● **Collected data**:

━━━━━━━━━━━━━━━━━━━━

-- ===== src/Random.antt =====
-- include/common/random.h: the random numbers of 48 bits of state. `next_double` is left out.
use Prim.Native.Nat.{bit_or, bit_xor}
use Prim.Native.Char.{Char}
use native.Mathlib.Nat.{mod-lt}
use myblockchain.Prelude.{
  ltb, ℕ, zero, suc, ◌+◌, ◌-◌, ◌*◌, ◌/◌, ◌%◌, ◌^◌, ◌≤◌, ◌<◌, ◌≡◌, refl, ap, List, [], ◌∷◌, Option,
  none, some, arith, ◌==◌, if◌then◌else◌, length, String, Bool, true, false, Bool-cases, inl, inr,
  All,
}

-- The value of a `uint64_t`.
abbrev word : ℕ → ℕ
word n = n % 18446744073709551616

-- a - b of two `uint64_t`.
abbrev minus : ℕ → ℕ → ℕ
minus a b = word (a + 18446744073709551616 - b)

-- The constructor's `init_seed`; the mask has 48 bits.
unfoldable pub init_seed : ℕ → ℕ
init_seed seed = bit_xor seed 0x5DEECE66D % 281474976710656

-- The number and the state; `bits` is at most 48.
unfoldable pub next : ℕ → ℕ → ℕ × ℕ
next bits seed =
    let seed1 = word (word (seed * 0x5DEECE66D) + 0xB) % 281474976710656 in
    (seed1 / 2 ^ (48 - bits), seed1)

-- C++ leaves open which of the two calls comes first.
unfoldable pub next_word : Bool → ℕ → ℕ × ℕ
next_word left_first seed =
    let (x, seed1) = next 32 seed in
    let (y, seed2) = next 32 seed1 in
    (
      if left_first then word (word (x * 4294967296) + y) else word (word (y * 4294967296) + x),
      seed2,
    )

-- `n % (b - a + 1) + a`, with the state; `none` is a division by zero.
abbrev scale : ℕ → ℕ → ℕ → ℕ → Option (ℕ × ℕ)
scale n a b seed =
    let span = word (minus b a + 1) in if span == 0 then none else some (word (n % span + a), seed)

unfoldable pub uniform_dist : Bool → ℕ → ℕ → ℕ → Option (ℕ × ℕ)
uniform_dist left_first a b seed =
    if a == b
    then some (a, seed)
    else (let (n, seed1) = next_word left_first seed in scale n a b seed1)

-- `str[k]`
abbrev pub get_elem? {ℓ} : {A : Type ℓ} → List A → ℕ → Option A
get_elem? [] k = none
get_elem? (x ∷ xs) zero = some x
get_elem? (x ∷ xs) (suc k) = get_elem? xs k

-- The loop of `rand_str`, with the number of characters that are missing.
unfoldable pub rand_loop : {A : Type 0} → Bool → ℕ → List A → ℕ → Option (List A × ℕ)
rand_loop left_first zero str seed = some ([], seed)
rand_loop left_first (suc n) str seed =
    elim (uniform_dist left_first 0 (minus (length str) 1) seed) [
      | none ↦ none
      | some (k, seed1) ↦ elim (get_elem? str k) [
        | none ↦ none
        | some c ↦ elim (rand_loop left_first n str seed1) [
          | none ↦ none
          | some (result, seed2) ↦ some (c ∷ result, seed2)
        ]
      ]
    ]

-- The counter of the loop has 32 bits: for a length that has more it never ends, which is `none`.
unfoldable pub rand_str : {A : Type 0} → Bool → ℕ → List A → ℕ → Option (List A × ℕ)
rand_str left_first n str seed = if ltb n 4294967296 then rand_loop left_first n str seed else none

abbrev characters : String → List Char
characters String.[] = []
characters (String.◌∷◌ c s) = c ∷ characters s

abbrev pub alpha : List Char
alpha = characters "0123456789abcdefghijklmnopqrstuvwxyzABCDEFGHIJKLMNOPQRSTUVWXYZ"

unfoldable pub a_string : Bool → ℕ → ℕ → ℕ → Option (List Char × ℕ)
a_string left_first min_len max_len seed = elim (uniform_dist left_first min_len max_len seed) [
  | none ↦ none
  | some (len, seed1) ↦ rand_str left_first len alpha seed1
]

-- The two draws can be in either order too.
unfoldable pub non_uniform_distribution : Bool → Bool → ℕ → ℕ → ℕ → ℕ → Option (ℕ × ℕ)
non_uniform_distribution draw_first left_first a x y seed =
    let lo1 = if draw_first then zero else x in
    let hi1 = if draw_first then a else y in
    let lo2 = if draw_first then x else zero in
    let hi2 = if draw_first then y else a in
    elim (uniform_dist left_first lo1 hi1 seed) [
      | none ↦ none
      | some (m, seed1) ↦ elim (uniform_dist left_first lo2 hi2 seed1) [
        | none ↦ none
        | some (n, seed2) ↦ scale (bit_or m n) x y seed2
      ]
    ]

-- A number that is brought within two bounds.
folded :
    (n a b seed : ℕ)
    → a ≤ b
    → b < 18446744073709551615
    → (scale n a b seed ≡ some (n % (b - a + 1) + a, seed))
      × (a ≤ n % (b - a + 1) + a)
      × (n % (b - a + 1) + a ≤ b)
folded n a b seed h k =
    let r = n % (b - a + 1) in
    let span : word (minus b a + 1) ≡ b - a + 1 = omega arith in
    let full : (b - a + 1 == 0) ≡ false = ground arith in
    let below : r < b - a + 1 = mod-lt n (omega arith) in
    let small : word (r + a) ≡ r + a = omega (arith, below, h, k) in
    (rw (span, full, small) refl, omega arith, omega (arith, below, h))

-- Between two bounds of 64 bits that do not span all of them a number within the bounds is drawn.
pub uniform_dist_lem :
    (left_first : Bool) (a b seed : ℕ)
    → a ≤ b
    → b < 18446744073709551615
    → (n seed1 : ℕ) × (uniform_dist left_first a b seed ≡ some (n, seed1)) × (a ≤ n) × (n ≤ b)
unfolding uniform_dist
uniform_dist_lem left_first a b seed h k =
    let (n, seed1) = next_word left_first seed in
    let (result, low, high) = folded n a b seed1 h k in
    elim (Bool-cases (a == b)) [
      | inl same ↦ (a, seed, rw (uniform_dist, same) refl, omega arith, h)
      | inr apart ↦ (n % (b - a + 1) + a, seed1, rw (uniform_dist, apart) result, low, high)
    ]

get_elem?_lem :
    {A : Type 0} (xs : List A) (k : ℕ) → k < length xs → (x : A) × (get_elem? xs k ≡ some x)
get_elem?_lem [] k h = absurd (omega arith)
get_elem?_lem (x ∷ xs) zero h = (x, refl)
get_elem?_lem (x ∷ xs) (suc k) h = get_elem?_lem xs k (omega arith)

-- From a text of at least one character and less than 2^63 a text of the given length is drawn.
rand_loop_lem :
    {A : Type 0} (left_first : Bool) (n : ℕ) (str : List A) (seed : ℕ)
    → 0 < length str
    → length str < 9223372036854775808
    → (text : List A) × (seed1 : ℕ) × (rand_loop left_first n str seed ≡ some (text, seed1))
      × (length text ≡ n)
      × All (λ c. (i : ℕ) × (get_elem? str i ≡ some c)) text
unfolding rand_loop
rand_loop_lem left_first zero str seed h k = ([], seed, refl, refl, tt)
rand_loop_lem left_first (suc n) str seed h k =
    let last : minus (length str) 1 ≡ length str - 1 = omega arith in
    let (i, seed1, drawn, low, high) =
      uniform_dist_lem left_first 0 (minus (length str) 1) seed (omega arith)
        (omega (arith, last)) in
    let (c, got) = get_elem?_lem str i (omega (arith, high, last)) in
    let (text, seed2, rest, size, from) = rand_loop_lem left_first n str seed1 h k in
    (c ∷ text, seed2, rw (rand_loop, drawn, got, rest) refl, ap suc size, ((i, got), from))

-- From such a text a text of any length of 32 bits is drawn.
pub rand_str_lem :
    {A : Type 0} (left_first : Bool) (n : ℕ) (str : List A) (seed : ℕ)
    → 0 < length str
    → length str < 9223372036854775808
    → n < 4294967296
    → (text : List A) × (seed1 : ℕ) × (rand_str left_first n str seed ≡ some (text, seed1))
      × (length text ≡ n)
      × All (λ c. (i : ℕ) × (get_elem? str i ≡ some c)) text
unfolding rand_str
rand_str_lem left_first n str seed h k small =
    let ends : ltb n 4294967296 ≡ true = ground arith in
    let (text, seed1, made, size, from) = rand_loop_lem left_first n str seed h k in
    (text, seed1, rw (rand_str, ends) made, size, from)

-- With bounds of 32 bits: `a_string` draws a text whose length is within the
-- bounds and whose characters are digits and letters, whatever the state.
pub a_string_lem :
    (left_first : Bool) (min_len max_len seed : ℕ)
    → min_len ≤ max_len
    → max_len < 4294967296
    → (text : List Char) × (seed1 : ℕ) × (a_string left_first min_len max_len seed
        ≡ some (text, seed1))
      × (min_len ≤ length text)
      × (length text ≤ max_len)
      × All (λ c. (i : ℕ) × (get_elem? alpha i ≡ some c)) text
unfolding a_string
a_string_lem left_first min_len max_len seed h k =
    let (n, seed1, drawn, low, high) =
      uniform_dist_lem left_first min_len max_len seed h (omega arith) in
    let (text, seed2, made, size, from) =
      rand_str_lem left_first n alpha seed1 (omega arith) (omega arith) (omega arith) in
    (
      text,
      seed2,
      rw (a_string, drawn, made) refl,
      omega (arith, size, low),
      omega (arith, size, high),
      from,
    )

-- With bounds of 64 bits that do not span all of them: `non_uniform_distribution` draws a number within
-- the last two bounds, in whatever order the draws are.
pub non_uniform_distribution_lem :
    (draw_first left_first : Bool) (a x y seed : ℕ)
    → a < 18446744073709551615
    → x ≤ y
    → y < 18446744073709551615
    → (n seed1 : ℕ) × (non_uniform_distribution draw_first left_first a x y seed ≡ some (n, seed1))
      × (x ≤ n)
      × (n ≤ y)
unfolding non_uniform_distribution
non_uniform_distribution_lem true left_first a x y seed k h l =
    let (m, seed1, one, _, _) = uniform_dist_lem left_first 0 a seed (omega arith) k in
    let (n, seed2, two, _, _) = uniform_dist_lem left_first x y seed1 h l in
    let (result, low, high) = folded (bit_or m n) x y seed2 h l in
    (bit_or m n % (y - x + 1) + x, seed2, rw (non_uniform_distribution, one, two) result, low, high)
non_uniform_distribution_lem false left_first a x y seed k h l =
    let (m, seed1, one, _, _) = uniform_dist_lem left_first x y seed h l in
    let (n, seed2, two, _, _) = uniform_dist_lem left_first 0 a seed1 (omega arith) k in
    let (result, low, high) = folded (bit_or m n) x y seed2 h l in
    (bit_or m n % (y - x + 1) + x, seed2, rw (non_uniform_distribution, one, two) result, low, high)
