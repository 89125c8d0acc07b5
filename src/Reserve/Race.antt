-- ===== src/Reserve/Race.antt =====
-- The reservation loop of mock_reserve_table.cpp (lines 24 to 36) run by several worker threads on one
-- cell, an atomic access at a time.
use myblockchain.Prelude.{ℕ, ◌≤◌, ◌<◌, ◌≡◌, refl, ◌≢◌, ◌⊎◌, inl, inr, arith, subst, sym}
use myblockchain.HashMap.{update}

-- Where a thread stands in the loop, with `old_rts` where it is live.
pub data Pc : Type 0 where
  start : Pc  -- before the load
  loaded : (old : ℕ) → Pc  -- before the test
  stored : (old : ℕ) → Pc  -- before the compare-exchange
  done : Pc

-- One access of the thread with the id `tid`. The weak exchange may fail without a cause.
pub data Move (tid cell : ℕ) : Pc → ℕ → Pc → Type 0 where
  load : Move tid cell start cell (loaded cell)
  taken : {old : ℕ} → old ≤ tid → old ≢ 0 → Move tid cell (loaded old) cell done
  store : {old : ℕ} → (tid < old) ⊎ (old ≡ 0) → Move tid cell (loaded old) tid (stored old)
  exchange : {old : ℕ} → cell ≡ old → Move tid cell (stored old) tid done
  fail : {old : ℕ} → Move tid cell (stored old) cell start

pub record System : Type 0 where
  pub cell : ℕ
  pub pc : ℕ → Pc

-- A thread is named by the id of its transaction.
pub data Step (s : System) : System → Type 0 where
  pick :
      (tid : ℕ) {c : ℕ} {p : Pc}
      → Move tid s.cell (s.pc tid) c p
      → Step s (record { cell = c; pc = update s.pc tid p })

abbrev pub fresh : System
fresh = record { cell = 0; pc = λ _. start }

pub data Reach : System → Type 0 where
  begin : Reach fresh
  next : {s t : System} → Reach s → Step s t → Reach t

Move-cell : {tid cell c : ℕ} {p q : Pc} → Move tid cell p c q → (c ≡ cell) ⊎ (c ≡ tid)
Move-cell load = inl refl
Move-cell (taken _ _) = inl refl
Move-cell (store _) = inr refl
Move-cell (exchange _) = inr refl
Move-cell fail = inl refl

step :
    {s : System}
    → Reach s
    → (tid : ℕ) {p q : Pc} {c : ℕ} → s.pc tid ≡ p
    → Move tid s.cell p c q
    → Reach (record { cell = c; pc = update s.pc tid q })
step {s} r tid {q} {c} e m = next r (pick tid (subst (λ x. Move tid s.cell x c q) (sym e) m))

-- The bug: a thread that stores its id plainly, before the exchange, may overwrite a smaller id that was
-- stored since its load. For any two ids `a < b` that are not 0 there is an interleaving in which both
-- threads finish their reservations and the cell keeps the larger id, so `a` is lost.
pub reservation_lost :
    (a b : ℕ)
    → 0 < a
    → a < b
    → (s : System) × Reach s × (s.cell ≡ b) × (s.pc a ≡ done) × (s.pc b ≡ done)
reservation_lost a b pos h =
    let b_loads = step begin b refl load in
    let a_loads = step b_loads a {p = start} (ground arith) load in
    let a_stores = step a_loads a {p = loaded 0} (ground arith) (store (inr refl)) in
    let a_fails = step a_stores a {p = stored 0} (ground arith) fail in
    let a_loads_again = step a_fails a {p = start} (ground arith) load in
    let a_ends =
      step a_loads_again a {p = loaded a} (ground arith) (taken (omega arith) (omega arith)) in
    let b_stores = step a_ends b {p = loaded 0} (ground arith) (store (inr refl)) in
    let b_fails = step b_stores b {p = stored 0} (ground arith) fail in
    let b_loads_again = step b_fails b {p = start} (ground arith) load in
    let b_ends =
      step b_loads_again b {p = loaded b} (ground arith) (taken (omega arith) (omega arith)) in
    (_, b_ends, refl, ground arith, ground arith)
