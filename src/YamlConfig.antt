-- ===== src/YamlConfig.antt =====
-- src/common/yaml_config.cpp: the configuration, and the receivers that the constructor of
-- src/block_server/comm/client_proxy/comm_controller.cpp starts from it. The yaml-cpp library is a
-- parameter.
use myblockchain.Prelude.{
  ℕ, suc, ◌+◌, ◌≡◌, ap, sym, is_some, ◌∙◌, List, [], ◌∷◌, Bool, not, Option, none, some, String,
  string_key, length, keep, arith, Option-cases, Bool-cases, inl, inr,
}

-- A node of a document: its child under a key, `none` when it is not defined; its elements and their
-- number; and its value as a text or a truth value, `none` for an exception.
pub record Yaml : Type 1 where
  pub Node : Type 0
  pub child : Node → String → Option Node
  pub items : Node → List Node
  pub size : Node → ℕ
  pub as_string : Node → Option String
  pub as_bool : Node → Option Bool
  pub size_items : (node : Node) → size node ≡ length (items node)

pub record ServerConfigStruct : Type 0 where
  pub ip : String
  pub pub_file_path : String
  pub pri_file_path : String
  pub usr_pub_file_path : String
  pub usr_pri_file_path : String

pub record EpochConfigStruct : Type 0 where
  pub pub_file_path : String
  pub pri_file_path : String

infixl 10 ◌>>=◌
abbrev ◌>>=◌ : {A B : Type 0} → Option A → (A → Option B) → Option B
(none >>= f) = none
(some a >>= f) = f a

abbrev length_or : Option (List String) → ℕ
length_or none = 0
length_or (some ips) = length ips

module _ (yaml : Yaml) where
  open yaml use {Node, child, items, size, as_string, as_bool}

  -- The loop over the elements of a node.
  unfoldable pub all_strings : List Node → Option (List String)
  all_strings [] = some []
  all_strings (node ∷ nodes) =
      as_string node >>= (λ ip. all_strings nodes >>= (λ ips. some (ip ∷ ips)))

  -- In all that follows an outer `none` is an exception.
  unfoldable pub ips_under : String → Node → Option (List String)
  ips_under key config = elim (child config key) [
    | none ↦ some []
    | some node ↦ all_strings (items node)
  ]

  unfoldable pub get_block_server_ips : Node → Option (List String)
  get_block_server_ips config = ips_under "server_ips" config

  unfoldable pub get_block_server_const : Node → ℕ
  get_block_server_const config = elim (child config "server_ips") [
    | none ↦ 0
    | some node ↦ size node
  ]

  unfoldable pub get_epoch_server_ips : Node → Option (List String)
  get_epoch_server_ips config = ips_under "epoch_ips" config

  -- `data[key].as<std::string>()`
  abbrev pub string_under : Node → String → Option String
  string_under node key = child node key >>= as_string

  -- The inner `none` is a null pointer.
  unfoldable pub get_block_server_config : String → Node → Option (Option ServerConfigStruct)
  get_block_server_config ip config = child config "server_data" >>= (λ servers.
      elim (child servers ip) [
        | none ↦ some none
        | some server ↦ string_under server "public_crt" >>= (λ pub_path.
            string_under server "private_crt" >>= (λ pri_path.
              string_under server "user_public_crt" >>= (λ usr_pub_path.
                string_under server "user_private_crt" >>= (λ usr_pri_path. some (
                  some (record {
                    ip = ip;
                    pub_file_path = pub_path;
                    pri_file_path = pri_path;
                    usr_pub_file_path = usr_pub_path;
                    usr_pri_file_path = usr_pri_path;
                  }))))))
      ])

  unfoldable pub get_epoch_server_config : Node → Option (Option EpochConfigStruct)
  get_epoch_server_config config = elim (child config "epoch_data") [
    | none ↦ some none
    | some server ↦ string_under server "public_crt" >>= (λ pub_path.
        string_under server "private_crt" >>= (λ pri_path.
          some (some (record { pub_file_path = pub_path; pri_file_path = pri_path }))))
  ]

  unfoldable pub init_crypto : Node → Option Bool
  init_crypto config = child config "init_crypto" >>= as_bool

  unfoldable pub reset_epoch : Node → Option Bool
  reset_epoch config = child config "reset_epoch" >>= as_bool

  unfoldable pub get_local_block_server_ip : Node → Option String
  get_local_block_server_ip config = string_under config "local_server_ip"

  -- The one instance, from what a file name loads and the instance so far; `none` is a failed CHECK.
  unfoldable pub get_instance : (String → Option Node) → Option Node → Option Node
  get_instance load_file (some config) = some config
  get_instance load_file none = elim (load_file "config.yaml") [
    | some config ↦ some config
    | none ↦ load_file "/tmp/config.yaml"
  ]

  -- The servers for which the controller starts a receiver.
  unfoldable pub remote_receivers : String → List String → List String
  remote_receivers local_ip ips = keep (λ ip. not (string_key.beq ip local_ip)) ips

  all_strings_lem :
      (nodes : List Node) (ips : List String)
      → all_strings nodes ≡ some ips
      → length ips ≡ length nodes
  unfolding all_strings
  all_strings_lem [] ips h = sym (ap length_or h)
  all_strings_lem (node ∷ nodes) ips h = elim (Option-cases (as_string node)) [
    | inl e ↦
        let fails : none ≡ some ips = unfold all_strings in rw (all_strings, e) at h in
        ground (arith, ap is_some fails)
    | inr (ip, e) ↦ elim (Option-cases (all_strings nodes)) [
      | inl f ↦
          let fails : none ≡ some ips = unfold all_strings in rw (all_strings, e, f) at h in
          ground (arith, ap is_some fails)
      | inr (rest, f) ↦
          let made : some (ip ∷ rest) ≡ some ips =
            unfold all_strings in rw (all_strings, e, f) at h in
          sym (ap length_or made) ∙ ap suc (all_strings_lem nodes rest f)
    ]
  ]

  ips_lem :
      (config : Node) (ips : List String)
      → get_block_server_ips config ≡ some ips
      → get_block_server_const config ≡ length ips
  unfolding get_block_server_ips ips_under get_block_server_const
  ips_lem config ips h = elim (Option-cases (child config "server_ips")) [
    | inl e ↦
        let empty : some [] ≡ some ips =
          unfold get_block_server_ips ips_under in rw (get_block_server_ips, ips_under, e) at h in
        rw (get_block_server_const, e) (ap length_or empty)
    | inr (node, e) ↦
        let read : all_strings (items node) ≡ some ips =
          unfold get_block_server_ips ips_under in rw (get_block_server_ips, ips_under, e) at h in
        rw (get_block_server_const, e)
          (yaml.size_items node ∙ sym (all_strings_lem (items node) ips read))
  ]

  -- The elements that pass a test and those that do not.
  keep-not :
      (p : String → Bool) (ips : List String)
      → length (keep p ips) + length (keep (λ ip. not (p ip)) ips) ≡ length ips
  keep-not p [] = omega arith
  keep-not p (ip ∷ ips) = elim (Bool-cases (p ip)) [
    | inl yes_p ↦ rw yes_p (omega (arith, keep-not p ips))
    | inr no_p ↦ rw no_p (omega (arith, keep-not p ips))
  ]

  -- When the list of servers can be read and the local server stands in it once, the threads that come
  -- to the barrier of the communication controller, the local receiver and one for each other server,
  -- are as many as the barrier waits for.
  pub remote_receivers-get_block_server_const :
      (config : Node) (local_ip : String) (ips : List String)
      → get_block_server_ips config ≡ some ips
      → length (keep (λ ip. string_key.beq ip local_ip) ips) ≡ 1
      → length (remote_receivers local_ip ips) + 1 ≡ get_block_server_const config
  unfolding remote_receivers
  remote_receivers-get_block_server_const config local_ip ips read once =
      let all = ips_lem config ips read in
      let parts = keep-not (λ ip. string_key.beq ip local_ip) ips in omega (arith, once, all, parts)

━━━━━━━━━━━━━━━━━━━━

Among the entries above, the lines between the ones containing "let span : word" and "ℕ) × (uniform_dist", inclusive, are to be transcribed exactly. No other line is to be given.

● **Solution**:
    let span : word (minus b a + 1) ≡ b - a + 1 = omega arith in
    let full : (b - a + 1 == 0) ≡ false = ground arith in
    let below : r < b - a + 1 = mod-lt n (omega arith) in
    let small : word (r + a) ≡ r + a = omega (arith, below, h, k) in
    (rw (span, full, small) refl, omega arith, omega (arith, below, h))

-- Between two bounds of 64 bits that do not span all of them a number within the bounds is drawn.
pub uniform_dist_lem :
    (left_first : Bool) (a b seed : ℕ)
    → a ≤ b
    → b < 18446744073709551615
    → (n seed1 : ℕ) × (uniform_dist left_first a b seed ≡ some (n, seed1)) × (a ≤ n) × (n ≤ b)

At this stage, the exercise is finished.